Top of INPUT FOR THIS TASK

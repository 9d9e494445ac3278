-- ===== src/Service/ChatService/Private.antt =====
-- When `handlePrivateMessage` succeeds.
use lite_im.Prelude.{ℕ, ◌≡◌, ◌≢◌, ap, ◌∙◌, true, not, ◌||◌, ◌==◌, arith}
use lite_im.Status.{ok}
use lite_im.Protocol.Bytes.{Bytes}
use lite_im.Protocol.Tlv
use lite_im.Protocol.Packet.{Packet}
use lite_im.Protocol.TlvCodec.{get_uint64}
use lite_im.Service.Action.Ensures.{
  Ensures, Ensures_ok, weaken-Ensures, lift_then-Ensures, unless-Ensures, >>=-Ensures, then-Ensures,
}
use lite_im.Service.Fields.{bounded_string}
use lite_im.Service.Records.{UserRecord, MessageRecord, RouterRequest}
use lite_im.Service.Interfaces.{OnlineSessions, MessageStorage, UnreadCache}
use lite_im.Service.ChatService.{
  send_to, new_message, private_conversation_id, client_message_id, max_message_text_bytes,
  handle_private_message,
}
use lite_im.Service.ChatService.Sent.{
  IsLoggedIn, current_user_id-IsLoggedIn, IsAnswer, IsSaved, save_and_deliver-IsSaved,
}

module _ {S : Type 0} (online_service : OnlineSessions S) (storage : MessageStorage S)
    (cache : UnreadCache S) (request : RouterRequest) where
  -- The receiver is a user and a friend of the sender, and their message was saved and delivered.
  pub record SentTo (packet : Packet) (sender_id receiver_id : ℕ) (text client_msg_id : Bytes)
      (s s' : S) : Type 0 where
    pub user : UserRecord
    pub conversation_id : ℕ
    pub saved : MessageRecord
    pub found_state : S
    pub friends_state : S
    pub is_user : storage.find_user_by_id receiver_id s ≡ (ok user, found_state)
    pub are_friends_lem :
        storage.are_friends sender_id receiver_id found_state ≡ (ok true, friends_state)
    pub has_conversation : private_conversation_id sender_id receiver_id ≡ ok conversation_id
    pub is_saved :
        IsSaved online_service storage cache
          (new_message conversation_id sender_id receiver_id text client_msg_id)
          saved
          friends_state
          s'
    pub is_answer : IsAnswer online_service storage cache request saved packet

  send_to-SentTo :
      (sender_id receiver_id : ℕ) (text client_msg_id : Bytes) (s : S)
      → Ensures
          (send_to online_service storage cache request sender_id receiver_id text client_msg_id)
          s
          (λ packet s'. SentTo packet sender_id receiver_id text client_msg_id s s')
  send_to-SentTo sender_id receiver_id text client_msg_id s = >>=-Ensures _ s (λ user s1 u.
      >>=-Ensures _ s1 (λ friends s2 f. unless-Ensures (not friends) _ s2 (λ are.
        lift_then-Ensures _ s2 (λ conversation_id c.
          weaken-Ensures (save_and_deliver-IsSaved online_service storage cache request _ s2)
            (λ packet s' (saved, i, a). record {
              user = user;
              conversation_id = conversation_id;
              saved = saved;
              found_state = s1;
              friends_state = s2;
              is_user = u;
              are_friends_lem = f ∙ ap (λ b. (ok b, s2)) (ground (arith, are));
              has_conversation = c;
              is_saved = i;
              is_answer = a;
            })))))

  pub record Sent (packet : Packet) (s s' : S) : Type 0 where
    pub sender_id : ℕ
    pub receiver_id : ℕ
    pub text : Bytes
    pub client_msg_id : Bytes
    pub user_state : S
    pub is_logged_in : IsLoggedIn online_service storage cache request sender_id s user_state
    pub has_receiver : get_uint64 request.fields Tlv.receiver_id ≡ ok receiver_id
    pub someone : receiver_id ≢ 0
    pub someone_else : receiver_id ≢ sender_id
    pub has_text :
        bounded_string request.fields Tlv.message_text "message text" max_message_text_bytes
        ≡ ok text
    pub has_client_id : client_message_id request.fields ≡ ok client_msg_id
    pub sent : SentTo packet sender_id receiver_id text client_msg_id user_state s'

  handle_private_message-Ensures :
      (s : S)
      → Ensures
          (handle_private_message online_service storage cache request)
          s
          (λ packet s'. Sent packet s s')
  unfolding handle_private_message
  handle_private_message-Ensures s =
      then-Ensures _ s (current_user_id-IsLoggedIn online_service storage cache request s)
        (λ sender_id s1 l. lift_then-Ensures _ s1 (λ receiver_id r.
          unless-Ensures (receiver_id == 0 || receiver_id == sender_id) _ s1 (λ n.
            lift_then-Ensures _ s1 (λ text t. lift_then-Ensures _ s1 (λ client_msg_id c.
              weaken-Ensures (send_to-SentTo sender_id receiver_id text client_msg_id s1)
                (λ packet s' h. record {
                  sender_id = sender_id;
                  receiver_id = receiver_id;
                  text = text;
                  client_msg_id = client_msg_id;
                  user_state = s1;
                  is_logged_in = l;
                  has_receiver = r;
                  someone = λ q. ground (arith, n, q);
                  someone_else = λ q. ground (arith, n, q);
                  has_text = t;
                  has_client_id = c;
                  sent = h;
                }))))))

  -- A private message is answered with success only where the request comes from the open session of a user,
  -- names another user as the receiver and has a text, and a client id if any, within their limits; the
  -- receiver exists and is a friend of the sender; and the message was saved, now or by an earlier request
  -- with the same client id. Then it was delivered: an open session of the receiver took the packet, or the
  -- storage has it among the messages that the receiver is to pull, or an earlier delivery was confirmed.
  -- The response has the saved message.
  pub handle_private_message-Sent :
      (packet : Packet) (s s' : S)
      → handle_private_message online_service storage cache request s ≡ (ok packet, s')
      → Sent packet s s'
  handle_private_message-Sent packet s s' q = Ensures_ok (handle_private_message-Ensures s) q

Bottom of INPUT FOR THIS TASK

TASK TO CARRY OUT:
Out of the data above, set down the lines from the one with "friends) _ s2 (λ are." to the one with "pub record Sent (packet", both included, exactly as written and with no additions.

SOLUTION TO THIS EXERCISE:
      >>=-Ensures _ s1 (λ friends s2 f. unless-Ensures (not friends) _ s2 (λ are.
        lift_then-Ensures _ s2 (λ conversation_id c.
          weaken-Ensures (save_and_deliver-IsSaved online_service storage cache request _ s2)
            (λ packet s' (saved, i, a). record {
              user = user;
              conversation_id = conversation_id;
              saved = saved;
              found_state = s1;
              friends_state = s2;
              is_user = u;
              are_friends_lem = f ∙ ap (λ b. (ok b, s2)) (ground (arith, are));
              has_conversation = c;
              is_saved = i;
              is_answer = a;
            })))))

  pub record Sent (packet : Packet) (s s' : S) : Type 0 where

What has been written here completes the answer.